Don't think 500mg of anabolics will stop muscle loss as well as fat loss!


----------



## fuuuuuuark255 (Aug 29, 2012)

Thanks for advice, would 500 test/250-500 tren be ok? Closer to a show would be 300-500 mast, 300 tren and 300 test.

Ta for help,

Liam


----------



## yannyboy (Jun 20, 2009)

That sounds alot better, have you done any cycles before?


----------



## daddy123 (Nov 30, 2012)

Whats your diet like mate.


----------



## fuuuuuuark255 (Aug 29, 2012)

yannyboy said:


> That sounds alot better, have you done any cycles before?


yes, yes, hate to admit it but started without knowing what I was doing with diet and training so basically they didnt do s**t! prob gained couple of lbs rather than good tens of lbs. But even when i ate dirty I managed to get protein and calories in which then saw me gain a good amount of size.

Diet, at the moment 4200 cals, 300 pro can go higher, carbs 400-500, fat 100-150

Whey, milk, chicken and steaks are my source of protein.

My carbs come from milk, fruits (lots), wholegrains and wheats and oats

veg, i only really have broccoli, carrots peas and onions.

fats come from olive oil which i have pre bed and from beef and milk.

Basically that every day.

I do at times twice a week or so have some s**t food, or a s**t meal but even when I do i always make sure its high protein. I wont have things like pies/cakes/pastries ever really, my dirtiest meals are maybe odd curry once a week and the following meals are healthy, never a cheat day.

Thanks again

Liam


----------



## daddy123 (Nov 30, 2012)

The sooner you get your head into cutting mode the better. Slow and steady is the key.


----------



## yannyboy (Jun 20, 2009)

I'd definitely cut the milk out if you're cutting!


----------



## fuuuuuuark255 (Aug 29, 2012)

sorry I should have specified, my fault! I have 10 weeks left, trying to gain about another 5 lbs of LBM then I start the cut.

Cutting diet will be med carb at 300g

low fat upto 50g

high pro at 300 or higher. calories at 2500 but with dnp il be at 2750. with 50mcg of t3 ed when not on DNP.

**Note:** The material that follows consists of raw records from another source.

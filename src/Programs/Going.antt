-- ===== src/Programs/Going.antt =====
-- The service of a program when nothing goes wrong: its one thread runs the handler of Start, and
-- later that of Stop.
use kernel_udp_tcp.Prelude.{◌≡◌, refl, true, false, List, [], ◌∷◌, some}
use kernel_udp_tcp.Service.{Service, of_threads, made, on_started, on_stopped}
use kernel_udp_tcp.Service.Lifecycle
use kernel_udp_tcp.Service.Lifecycle.{Move, runs, leaves}

-- The service of the program once it is started, and once it is stopped.
abbrev pub going : Service
going = record (made 1 1 false) { started = true; running = true ∷ []; calls = on_started ∷ [] }

abbrev pub gone : Service
gone = record going {
  started = false;
  stopped = true;
  running = false ∷ [];
  calls = on_stopped ∷ on_started ∷ [];
}

pub start_goes :
    (more : List Move)
    → Lifecycle.start false (runs 0 ∷ more) (of_threads 1 false) ≡ some (true, going, more)
unfolding Lifecycle.start Lifecycle.await Lifecycle.act Lifecycle.run_one Lifecycle.run_task
    Lifecycle.run_start of_threads
start_goes [] = refl
start_goes (m ∷ more) = refl

pub stop_goes :
    (more : List Move) → Lifecycle.stop (runs 0 ∷ leaves 0 ∷ more) going ≡ some (true, gone, more)
unfolding Lifecycle.stop Lifecycle.await Lifecycle.act Lifecycle.run_one Lifecycle.run_task
    Lifecycle.run_stop
stop_goes [] = refl
stop_goes (m ∷ more) = refl
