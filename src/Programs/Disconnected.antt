-- ===== src/Programs/Disconnected.antt =====
-- The loop of client.cpp and what follows it, while the client is not connected: a connect that is
-- posted is not run.
use mathlib.Core.Option
use kernel_udp_tcp.Prelude.{
  ◌≡◌, refl, arith, ap, ◌∙◌, Bool, true, false, not, List, [], ◌∷◌, Option, none, some, All, Text,
  if-true, if-false, Bool-cases, inl, inr,
}
use kernel_udp_tcp.Asio.{Asio, ErrorCode, SocketOption, reuse_address, reuse_port}
use kernel_udp_tcp.Asio.Action.{Outcome, ok, throw, ◌>>◌, state, when, state->>=}
use kernel_udp_tcp.UdpClient.{UdpClient, Overrides, connect_handler, submit, on_socket}
use kernel_udp_tcp.UdpClient.Connection.{
  open_and_bind, local_endpoint, connect_async, disconnect_async, await_disconnected,
}
use kernel_udp_tcp.Programs.MulticastServer.{is_mark}
use kernel_udp_tcp.Programs.MulticastClient.{multicast_client}
use kernel_udp_tcp.Programs.ClientLoop.{
  Round, reconnects, client_loop, client_loop-unmarked, disconnect_and_stop,
}
use kernel_udp_tcp.Programs.ClientMain.{listen}

-- A client that is not connected.
abbrev pub IsDown : {Socket : Type 0} → UdpClient Socket → Type 0
IsDown s = s.connected ≡ false

module _ {Socket : Type 0} (asio : Asio Socket) where
  on_socket-IsDown :
      (f : Socket → Socket × Option ErrorCode) (s : UdpClient Socket)
      → IsDown s
      → IsDown (state (on_socket f s))
  on_socket-IsDown f s off = go (f s.socket)
    where
      go :
          (r : Socket × Option ErrorCode)
          → IsDown (
              state {S = UdpClient Socket} {A = Unit {0}} (elim (r.1) [
                | none ↦ ok tt (record s { socket = r.0 })
                | some e ↦ throw e (record s { socket = r.0 })
              ]))
      go (k, none) = off
      go (k, some e) = off

  when-IsDown :
      (b : Bool) (o : SocketOption) (s : UdpClient Socket)
      → IsDown s
      → IsDown (state (when b (on_socket (asio.set_option o)) s))
  when-IsDown true o s off = on_socket-IsDown (asio.set_option o) s off
  when-IsDown false o s off = off

  -- The first part of a connect does not mark the client as connected.
  pub open_and_bind-IsDown :
      (on : Overrides Socket) (s : UdpClient Socket)
      → IsDown s
      → IsDown (state (open_and_bind asio on s))
  unfolding open_and_bind
  open_and_bind-IsDown on s off =
      let set_port = when s.option_reuse_port (on_socket (asio.set_option (reuse_port true))) in
      let bind_it = on_socket (asio.bind (local_endpoint asio on s)) in
      state->>= IsDown (on_socket (asio.open_socket s.endpoint.protocol)) _ s
        (on_socket-IsDown (asio.open_socket s.endpoint.protocol) s off)
        λ _ t ht.
          state->>= IsDown
            (when s.option_reuse_address (on_socket (asio.set_option (reuse_address true))))
            (λ _. set_port >> bind_it) t
            (when-IsDown s.option_reuse_address (reuse_address true) t ht)
            λ _ u hu.
              state->>= IsDown set_port (λ _. bind_it) u
                (when-IsDown s.option_reuse_port (reuse_port true) u hu)
                λ _ v hv. on_socket-IsDown (asio.bind (local_endpoint asio on s)) v hv

  module _ (multicast : Text) where
    -- A line before which no other thread does anything, nor while a reconnect waits.
    abbrev pub Line : Type 0
    Line = Text × Round asio multicast × List (Round asio multicast)

    abbrev pub Quiet : Line → Type 0
    Quiet l = (s : UdpClient Socket) → l.1 s ≡ s

    -- A `!` posts a connect, which nothing runs.
    reconnects_down :
        (rounds : List (Round asio multicast)) (s : UdpClient Socket)
        → IsDown s
        → reconnects asio multicast rounds s ≡ some (ok true (submit connect_handler s))
    unfolding reconnects connect_async
    reconnects_down rounds s off = if-false _ _ off ∙ ap some (if-false _ _ off)

    -- What becomes of a reconnect, and of one line, with the rest of the loop.
    abbrev after :
        (UdpClient Socket → Option (Outcome (UdpClient Socket) (Unit {0})))
        → Option (Outcome (UdpClient Socket) Bool)
        → Option (Outcome (UdpClient Socket) (Unit {0}))
    after go_on o = elim o [
      | none ↦ none
      | some (ok done t) ↦ go_on t
      | some (throw e t) ↦ some (throw e t)
    ]

    abbrev line_done :
        Bool
        → List (Round asio multicast)
        → (UdpClient Socket → Option (Outcome (UdpClient Socket) (Unit {0})))
        → UdpClient Socket
        → Option (Outcome (UdpClient Socket) (Unit {0}))
    line_done mark rounds go_on s = elim mark [
      | false ↦ go_on s
      | true ↦ after go_on (reconnects asio multicast rounds s)
    ]

    -- A client that is not connected stays so, whatever lines are typed: a `!` posts a connect, which
    -- nothing runs.
    loop-IsDown :
        (lines : List Line) (s : UdpClient Socket)
        → IsDown s
        → All Quiet lines
        → (t : UdpClient Socket) × (client_loop asio multicast lines s ≡ some (ok tt t)) × IsDown t
    unfolding client_loop
    loop-IsDown [] s off h = (s, refl, off)
    loop-IsDown (([], meanwhile, rounds) ∷ rest) s off h =
        (s, ap (λ t. some (ok tt t)) (h.0 s), off)
    loop-IsDown ((c ∷ cs, meanwhile, rounds) ∷ rest) s off h =
        let go_on = client_loop asio multicast rest in
        elim (Bool-cases (is_mark (c ∷ cs))) [
          | inl mark ↦
              let (t, run, still) = loop-IsDown rest (submit connect_handler s) off h.1 in
              (
                t,
                ap (line_done (is_mark (c ∷ cs)) rounds go_on) (h.0 s)
                    ∙ ap (λ b. line_done b rounds go_on s) mark
                    ∙ ap (after go_on) (reconnects_down rounds s off)
                    ∙ run,
                still,
              )
          | inr other ↦
              let (t, run, still) = loop-IsDown rest s off h.1 in
              (
                t,
                client_loop-unmarked asio multicast (c ∷ cs) meanwhile rounds rest s (omega arith)
                      other
                    ∙ ap go_on (h.0 s)
                    ∙ run,
                still,
              )
        ]

    stop_down :
        (rounds : List (Round asio multicast)) (s : UdpClient Socket)
        → IsDown s
        → disconnect_and_stop asio multicast rounds s ≡ some (ok tt s)
    unfolding disconnect_and_stop disconnect_async await_disconnected
    stop_down rounds s off =
        ap leave (if-true _ _ (ap not off)) ∙ ap (Option.map (ok tt)) (waited rounds)
      where
        leave : Outcome (UdpClient Socket) Bool → Option (Outcome (UdpClient Socket) (Unit {0}))
        leave (ok done t) =
            Option.map (ok tt)
              (await_disconnected asio (multicast_client asio true multicast) rounds t)
        leave (throw e t) = some (throw e t)

        waited :
            (rounds : List (Round asio multicast))
            → await_disconnected asio (multicast_client asio true multicast) rounds s ≡ some s
        waited [] = if-false _ _ off
        waited (round ∷ rest) = if-false _ _ off

    -- What main has done before service->Stop(), on a client that is not connected.
    pub listen-IsDown :
        (lines : List Line) (rounds : List (Round asio multicast)) (s : UdpClient Socket)
        → IsDown s
        → All Quiet lines
        → (t : UdpClient Socket) × (listen asio multicast lines rounds s ≡ some (ok tt t))
          × IsDown t
    unfolding listen
    listen-IsDown lines rounds s off h =
        let (t, run, still) = loop-IsDown lines s off h in
        (t, ap stopped run ∙ stop_down rounds t still, still)
      where
        stopped :
            Option (Outcome (UdpClient Socket) (Unit {0}))
            → Option (Outcome (UdpClient Socket) (Unit {0}))
        stopped none = none
        stopped (some (ok done t)) = disconnect_and_stop asio multicast rounds t
        stopped (some (throw e t)) = some (throw e t)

less cheats and less milk as you said lol.

Thanks for replies so far,

Liam


----------



## daddy123 (Nov 30, 2012)

gSo how long you thinking of cuttingfor mate?


----------



## fuuuuuuark255 (Aug 29, 2012)

daddy123 said:


> gSo how long you thinking of cuttingfor mate?


I am giving myself 20weeks mate as Its first time and with my bf been high too.

Liam


----------



## daddy123 (Nov 30, 2012)

How strict can you think you can be mate?


----------



## fuuuuuuark255 (Aug 29, 2012)

I won't get to contest shape without been strict ,so as strict as Its need to be haha. My bp has also been high so that gives me principle to not eat crap!

Liam


----------



## daddy123 (Nov 30, 2012)

Goodluck mate. Can you post your training and diet mate?


----------



## fuuuuuuark255 (Aug 29, 2012)

thanks mate will need it.

training is 4 days split

chest

DB press -3 warm ups, 4 work set 7 reps

flyes - 2 warm up , 2 work set

chest press - 2 warmup sets , 4 work set going down 10kg each time

then finish with some benching to get a burn. By time thats over my chest is killed.

back

had to take away deads at moment but will be including again.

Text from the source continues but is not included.